| What you are asked to do |
Copy every line from the records below that carries the word "over".

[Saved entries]
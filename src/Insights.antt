-- ===== src/Insights.antt =====
-- web/app/insights/page.tsx: the totals, histograms and tracks of `computeAll`.
-- A score is in millionths. A mean is its sum and its count, before the division. The points by day
-- are in Days.
pub mod Sums
pub mod Days
use clawhum.Prelude.{
  ℕ, suc, ◌+◌, ◌*◌, ◌/◌, ◌-◌, Bool, true, false, not, ◌&&◌, ◌||◌, Option, none, some, List, [], ◌∷◌,
  ◌++◌, map, if◌then◌else◌, ◌==◌, ltb, leb, length, get_elem?, is_empty, or_else, min,
}
use clawhum.Prelude.Text.{Text, codes, text_eq}
use clawhum.Prelude.Sort.{sort_by, sum_by}
use clawhum.Model.{MatchResult, StoredMatch}

pub record Bucket : Type 0 where
  pub label : Text
  pub count : ℕ

-- The bounds `lo` and `hi`, and the label.
pub record ScoreBin : Type 0 where
  pub lo : ℕ
  pub hi : ℕ
  pub label : Text

abbrev pub score_bin : ℕ → ℕ → Text → ScoreBin
score_bin lo hi label = record { lo = lo; hi = hi; label = label }

abbrev pub score_bins : List ScoreBin
score_bins =
    score_bin 0 100000 (codes "0.0-0.1")
    ∷ score_bin 100000 200000 (codes "0.1-0.2")
    ∷ score_bin 200000 300000 (codes "0.2-0.3")
    ∷ score_bin 300000 400000 (codes "0.3-0.4")
    ∷ score_bin 400000 500000 (codes "0.4-0.5")
    ∷ score_bin 500000 600000 (codes "0.5-0.6")
    ∷ score_bin 600000 700000 (codes "0.6-0.7")
    ∷ score_bin 700000 800000 (codes "0.7-0.8")
    ∷ score_bin 800000 900000 (codes "0.8-0.9")
    ∷ score_bin 900000 1010000 (codes "0.9-1.0")
    ∷ []

-- `lt` is `none` for Infinity.
pub record LatencyBin : Type 0 where
  pub lt : Option ℕ
  pub label : Text

abbrev pub latency_bin : Option ℕ → Text → LatencyBin
latency_bin lt label = record { lt = lt; label = label }

abbrev pub latency_bins : List LatencyBin
latency_bins =
    latency_bin (some 100) (codes "<100")
    ∷ latency_bin (some 200) (codes "100-200")
    ∷ latency_bin (some 400) (codes "200-400")
    ∷ latency_bin (some 800) (codes "400-800")
    ∷ latency_bin (some 1600) (codes "800-1600")
    ∷ latency_bin (some 3200) (codes "1600-3200")
    ∷ latency_bin none (codes ">3200")
    ∷ []

-- The loop over the bins: the bucket of the first bin that passes counts one more.
unfoldable pub bump_first {ℓ} : {A : Type ℓ} → (A → Bool) → List A → List Bucket → List Bucket
bump_first p [] bs = bs
bump_first p (_ ∷ _) [] = []
bump_first p (a ∷ bins) (b ∷ bs) =
    let rest = bump_first p bins bs in
    if p a then record b { count = suc b.count } ∷ bs else b ∷ rest

abbrev pub in_score_bin : ℕ → ScoreBin → Bool
in_score_bin s b = leb b.lo s && ltb s b.hi

abbrev pub below : ℕ → Option ℕ → Bool
below e none = true
below e (some n) = ltb e n

abbrev pub in_latency_bin : ℕ → LatencyBin → Bool
in_latency_bin e b = below e b.lt

-- A track with the list of its scores.
pub record TopTrack : Type 0 where
  pub track_id : Text
  pub title : Text
  pub artist : Text
  pub source : Text
  pub seen : ℕ
  pub best_score : ℕ
  pub scores : List ℕ

abbrev pub new_top : MatchResult → TopTrack
new_top r = record {
  track_id = r.track_id;
  title = if is_empty r.title then codes "(untitled)" else r.title;
  artist = r.artist;
  source = r.source;
  seen = 1;
  best_score = r.score;
  scores = r.score ∷ [];
}

unfoldable pub add_result : List TopTrack → MatchResult → List TopTrack
add_result [] r = new_top r ∷ []
add_result (t ∷ ts) r =
    let rest = add_result ts r in
    if text_eq t.track_id r.track_id
    then record t {
      seen = suc t.seen;
      scores = t.scores ++ r.score ∷ [];
      best_score = if ltb t.best_score r.score then r.score else t.best_score;
    }
      ∷ ts
    else t ∷ rest

unfoldable pub add_results : List TopTrack → List MatchResult → List TopTrack
add_results ts [] = ts
add_results ts (r ∷ rs) = add_results (add_result ts r) rs

-- The variables of the loop over the matches, but for those of the days.
pub record Totals : Type 0 where
  pub hits : ℕ
  pub strong : ℕ
  pub empty : ℕ
  pub score_sum : ℕ
  pub score_sum_count : ℕ
  pub score_hist : List Bucket
  pub latency_hist : List Bucket
  pub latencies : List ℕ
  pub total_duration : ℕ
  pub tracks : List TopTrack

abbrev pub no_totals : Totals
no_totals = record {
  hits = 0;
  strong = 0;
  empty = 0;
  score_sum = 0;
  score_sum_count = 0;
  score_hist = map (λ b. record { label = b.label; count = 0 }) score_bins;
  latency_hist = map (λ b. record { label = b.label; count = 0 }) latency_bins;
  latencies = [];
  total_duration = 0;
  tracks = [];
}

unfoldable pub add_best : Totals → List MatchResult → Totals
add_best t [] = record t { empty = suc t.empty }
add_best t (best ∷ _) = record t {
  hits = if leb 300000 best.score then suc t.hits else t.hits;
  strong = if leb 500000 best.score then suc t.strong else t.strong;
  score_sum = t.score_sum + best.score;
  score_sum_count = suc t.score_sum_count;
  score_hist = bump_first (in_score_bin best.score) score_bins t.score_hist;
}

-- The body of the loop.
unfoldable pub add_match : Totals → StoredMatch → Totals
unfolding add_best bump_first add_results
add_match t m =
    let t' = add_best t m.results in
    record t' {
      latencies = t'.latencies ++ m.elapsed_ms ∷ [];
      latency_hist = bump_first (in_latency_bin m.elapsed_ms) latency_bins t'.latency_hist;
      total_duration = t'.total_duration + or_else m.duration_sec 0;
      tracks = add_results t'.tracks m.results;
    }

unfoldable pub add_matches : Totals → List StoredMatch → Totals
unfolding add_match
add_matches t [] = t
add_matches t (m ∷ ms) = add_matches (add_match t m) ms

-- `b.seen - a.seen || b.best_score - a.best_score`
abbrev pub top_order : TopTrack → TopTrack → Bool
top_order a b = ltb b.seen a.seen || ((a.seen == b.seen) && leb b.best_score a.best_score)

unfoldable pub top_tracks : Totals → List TopTrack
top_tracks t = sort_by top_order t.tracks

-- `sorted[Math.min(sorted.length - 1, Math.floor(0.95 * (sorted.length - 1)))]`, and 0 without
-- latencies.
unfoldable pub p95_latency : List ℕ → ℕ
p95_latency [] = 0
p95_latency (e ∷ es) =
    let n = length es in or_else (get_elem? (sort_by leb (e ∷ es)) (min n (95 * n / 100))) 0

| Output for this exercise |
-- The loop over the bins: the bucket of the first bin that passes counts one more.
-- The variables of the loop over the matches, but for those of the days.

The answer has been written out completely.